Aus einer geht etwa Folgendes hervor: Heute vor genau 63 Jahren, am Morgen des 6. Novembers 1942, verließ der deutsche Gütertransport Nr. 42 das französische Internierungslager in Drancy. Von den eintausend in die Viehwagons gepferchten Juden wurden siebenhundertdreiundsiebzig bei ihrer Ankunft in Auschwitz vergast oder waren auf dem Transport dorthin umgekommen. Hundertfünfundvierzig Männer und zweiundachzig Frauen wurden für Sklavenarbeit eingesetzt, nur vier Männer überlebten.

Diese mörderische Arithmetik wurde von den Nazis noch mit den persönlichen Daten der zu Tode gebrachten garniert. Ein kleiner Auszug: Marthe Breitenfeld, Bienfeld, Deutschland; Leo Bretholz, Wien, Österreich; Abram Bronoff, Novogoriek, Russland.

"Diese Liste stimmt nicht ganz", sagt Leo Bretholz im Gespräch mit dem STANDARD. Der 1921 in Wien geborene Jude hat überlebt. Er gehört zu den ganz wenigen Zeitzeugen, die ihrem Tod durch einen Sprung aus dem fahrenden Deportationszug entkommen sind. Einen Sprung in eine weiterhin lebensbedrohliche Ungewissheit: Seine Flucht vor den Nazis sollte ihn noch jahrelang quer durch Europa treiben. Erst 1947 landete er in den USA. Er lebt in Baltimore.

Derzeit ist er jedoch zu Besuch in Wien. Im Jüdischen Museum präsentiert er am Montag sein Buch Flucht in die Dunkelheit (Löcker Verlag): so sehr berührende Erinnerungen, in einer klaren Sprache, dass sie schmerzhafte und grauenvolle Bilder des Damaligen in der Vorstellung des Lesers entstehen lassen. Damit reiht sich dieses Buch auch ein in die Liste jener von Zeitzeugen verfassten oder auf ihren Erinnerungen aufbauenden Werke, die notwendige Ergänzungen zur Geschichtswissenschaft darstellen - es gibt dem Holocaust eine menschliche Qualität.
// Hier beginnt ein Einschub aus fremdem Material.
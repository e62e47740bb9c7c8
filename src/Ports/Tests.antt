-- ===== src/Ports/Tests.antt =====
-- The ports' theorems at the port 3 with one message, at the node 8, and one free node, at 16.
use xinu_swd.Prelude.{ℕ, ◌≡◌, refl, false, true, [], ◌∷◌, arith, if◌then◌else◌, ◌==◌}
use xinu_swd.Prelude.Int.{pos}
use xinu_swd.Ports.{Ports, alloc, append_msg, take_msg}
use xinu_swd.Ports.Nodes.{IsPort, has, msgs}
use xinu_swd.Ports.Append.{append_msg-msgs}
use xinu_swd.Ports.Take.{take_msg-msgs}

abbrev one : Ports
one = record {
  ptmsg = λ a. if a == 8 then pos 7 else pos 0;
  ptnext = λ a. 0;
  ptfree = 16;
  ports = λ p. record {
    ptstate = alloc;
    ptssem = pos 1;
    ptrsem = pos 2;
    ptmaxcnt = pos 5;
    ptseq = pos 1;
    pthead = 8;
    pttail = 8;
  };
  ptnextp = pos 2;
  marked = true;
}

one-apart : (a : ℕ) → has a (16 ∷ []) ≡ true → has a (8 ∷ []) ≡ false
one-apart a h = ground arith

one-IsPort : IsPort one (pos 3) (16 ∷ []) (8 ∷ [])
one-IsPort = record {
  free = (refl, refl, refl);
  list = (refl, refl, refl);
  tail = refl;
  free_distinct = (refl, tt);
  list_distinct = (refl, tt);
  apart = one-apart;
}

append_msg-msgs_example :
    IsPort (append_msg (pos 3) (pos 9) one) (pos 3) [] (8 ∷ 16 ∷ [])
    × (msgs (append_msg (pos 3) (pos 9) one) (8 ∷ 16 ∷ []) ≡ pos 7 ∷ pos 9 ∷ [])
append_msg-msgs_example = append_msg-msgs (pos 9) 16 [] (8 ∷ []) one-IsPort

take_msg-msgs_example :
    IsPort (take_msg (pos 3) one).1 (pos 3) (8 ∷ 16 ∷ []) []
    × (msgs one (8 ∷ []) ≡ (take_msg (pos 3) one).0 ∷ [])
take_msg-msgs_example = take_msg-msgs 8 (16 ∷ []) [] one-IsPort
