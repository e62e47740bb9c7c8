-- ===== src/Shell.antt =====
-- The shell of xinu/shell/common: division of the command line into tokens (Lexan).
pub mod Lexan
mod Tests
Als "Teaching Tool", als Werkzeug für Geschichte Lehrende und Lernende will Leo Bretholz sein Buch verstanden wissen. Sich selbst sieht der Autor nur als "Fußnote" in einer tragischen Historie. Es geht ihm, dem Credo des diese Woche verstorbenen Doyen der US-Geschichtswissenschaften, des Historikers Gordon Alexander Craig folgend, darum, weniger die Umstände als mehr die Akteure in den Vordergrund zu stellen. Den Menschen als solchen zu zeigen, den Gepeinigten wie den Peiniger. "Beide dürfen nicht vergessen werden" und stürbe die Erinnerung an die Opfer, "würden sie ein zweites Mal zu Tode gebracht werden".
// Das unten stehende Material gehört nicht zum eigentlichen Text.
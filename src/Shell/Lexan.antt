-- ===== src/Shell/Lexan.antt =====
-- lexan.c of xinu/shell/common, the division of the command line into tokens. The line `shbuf` is the
-- list of its characters before the null character, `shargst` the list of those written so far, and
-- an entry of `shtok` the index in `shargst` at which a token starts.
pub mod Bounds
pub mod Words
use xinu_swd.Prelude.{
  ℕ, zero, suc, ◌+◌, Bool, true, false, ◌&&◌, ◌||◌, Option, none, some, List, [], ◌∷◌, ◌++◌,
  if◌then◌else◌, ◌==◌, leb, length,
}
use xinu_swd.Prelude.Int.{ℤ, pos}
use xinu_swd.Conf.{syserr}

-- `SHMAXTOK`, `SHBUFLEN` and `SHARGLEN` of include/shell.h.
abbrev pub shmaxtok : ℕ
shmaxtok = 16

abbrev pub shbuflen : ℕ
shbuflen = 80

abbrev pub sharglen : ℕ
sharglen = 82

abbrev pub nullch : ℕ
nullch = 0

abbrev pub newline : ℕ
newline = 10

abbrev pub blank : ℕ
blank = 32

-- `<`, `>` and `&`, each a token of its own.
abbrev pub is_special : ℕ → Bool
is_special ch = ch == 62 || (ch == 60 || ch == 38)

-- The double and the single quote.
abbrev pub is_quote : ℕ → Bool
is_quote ch = ch == 34 || ch == 39

pub record Shvars : Type 0 where
  pub shtok : List ℕ
  pub shtktyp : List ℕ
  pub shargst : List ℕ

abbrev pub ntok : Shvars → ℕ
ntok sh = length sh.shtok

-- The end of the line.
abbrev pub is_end : List ℕ → Bool
is_end [] = true
is_end (c ∷ cs) = c == newline

unfoldable pub skip_blanks : List ℕ → List ℕ
skip_blanks [] = []
skip_blanks (c ∷ cs) = let rest = skip_blanks cs in if c == blank then rest else c ∷ cs

-- What a loop over the line has copied, the line behind it, and the character that it ended at.
pub record Copied : Type 0 where
  pub text : List ℕ
  pub last : ℕ
  pub rest : List ℕ

abbrev pub copy_one : ℕ → Copied → Copied
copy_one c r = record r { text = c ∷ r.text }

-- The loop for a quoted string takes the character that it ends at.
unfoldable pub copy_quoted : ℕ → List ℕ → Copied
copy_quoted quote [] = record { text = []; last = nullch; rest = [] }
copy_quoted quote (c ∷ cs) =
    let r = copy_quoted quote cs in
    if c == quote || c == newline then record { text = []; last = c; rest = cs } else copy_one c r

-- A character that ends a word.
abbrev pub ends_word : ℕ → Bool
ends_word c = c == newline || (is_special c || (c == blank || is_quote c))

unfoldable pub copy_word : List ℕ → Copied
copy_word [] = record { text = []; last = nullch; rest = [] }
copy_word (c ∷ cs) =
    let r = copy_word cs in
    if ends_word c then record { text = []; last = c; rest = c ∷ cs } else copy_one c r

-- The body of the outer loop behind the blanks, for a line that starts with `ch`: the characters of
-- the token, the line behind it, and whether the token is whole.
pub record Token : Type 0 where
  pub chars : List ℕ
  pub behind : List ℕ
  pub is_whole : Bool

unfoldable pub token : ℕ → List ℕ → Token
token ch cs =
    let quoted = copy_quoted ch cs in
    let word = copy_word cs in
    if is_quote ch
    then record { chars = quoted.text; behind = quoted.rest; is_whole = quoted.last == ch }
    else (if is_special ch
        then record { chars = ch ∷ []; behind = cs; is_whole = true }
        else record { chars = ch ∷ word.text; behind = word.rest; is_whole = true })

-- The token's start and type are kept before its characters are copied.
abbrev pub start_token : ℕ → List ℕ → Shvars → Shvars
start_token ch chars sh = record {
  shtok = sh.shtok ++ length sh.shargst ∷ [];
  shtktyp = sh.shtktyp ++ ch ∷ [];
  shargst = sh.shargst ++ chars;
}

abbrev pub end_token : Shvars → Shvars
end_token sh = record sh { shargst = sh.shargst ++ nullch ∷ [] }

abbrev pub Lexed : Type 0
Lexed = Option (ℤ × Shvars)

-- The body of the outer loop behind the blanks, with `next` for the rounds that follow.
unfoldable pub lexan_body : (List ℕ → Shvars → Lexed) → List ℕ → Shvars → Lexed
lexan_body next [] sh = some (pos (ntok sh), sh)
lexan_body next (ch ∷ cs) sh =
    let t = token ch cs in
    let sh' = start_token ch t.chars sh in
    if ch == newline
    then some (pos (ntok sh), sh)
    else (if t.is_whole then next t.behind (end_token sh') else some (syserr, sh'))

-- The outer loop. `none` is out of rounds.
unfoldable pub lexan_loop : ℕ → List ℕ → Shvars → Lexed
lexan_loop zero p sh = none
lexan_loop (suc f) p sh =
    let rest = lexan_body (lexan_loop f) (skip_blanks p) sh in
    if is_end p || leb shmaxtok (ntok sh) then some (pos (ntok sh), sh) else rest

unfoldable pub lexan : ℕ → List ℕ → Lexed
lexan f line = lexan_loop f line (record { shtok = []; shtktyp = []; shargst = [] })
Leo Bretholz gibt ihnen also Namen und Identitäten. Er beschreibt das Glück, das er in Frankreich in einer Krankenschwester, einer katholischen Nonne, gefunden hat, drückt den Schmerz einer Mutter aus, deren kleines Kind von einem SS-Mann aus Langeweile erschossen worden ist, skizziert die Verzweiflung in Lager und Zug und die vielen Jahre seiner Flucht: 1938 wurde er von seiner Mutter aus Wien weggeschickt - er sollte überleben, seine Mutter und Schwestern nie wieder sehen.

Neben der Erinnerung an die Vergangenheit will Bretholz aber auch eine Mahnung für die Zukunft geschrieben haben: "Hitler ist tot, aber seine Gedanken leben weiter", sagt er und verweist auf die israelfeindlichen Aussagen des iranischen Präsidenten, auf geschändete israelitische Friedhöfe und mit Hakenkreuzen verschmierte Synagogen.

Das jüdische Gotteshaus will er auch in Wien besuchen: Weniger aus Gründen des Glaubens, denn diesen hat er in besagter Zeit verloren: "Als die Synagogen in Flammen aufgegangen sind, muss Gott darin verbrannt sein." Vielmehr jedoch in Erinnerung an das Novemberpogrom in der Nacht vom 9. zum 10. November 1938 - dieser so genannten Reichskristallnacht wird in der kommenden Woche mit einigen Veranstaltungen in Österreich gedacht.

Bis 1963 konnte Leo Bretholz, der in Baltimore eine Buchhandlung führte und für Zeitungen Essays schrieb, nicht über das Erlebte sprechen. Dann begann für ihn selbst eine lange Zeit der Aufarbeitung. Nun habe er einen Punkt erreicht, an dem er seine Erinnerungen an die Geschichte auch nach außen tragen könne - nämlich frei von Ressentiments und Hass. (Andreas Feiertag/DER STANDARD, Print-Ausgabe, 5./6. 11. 2005)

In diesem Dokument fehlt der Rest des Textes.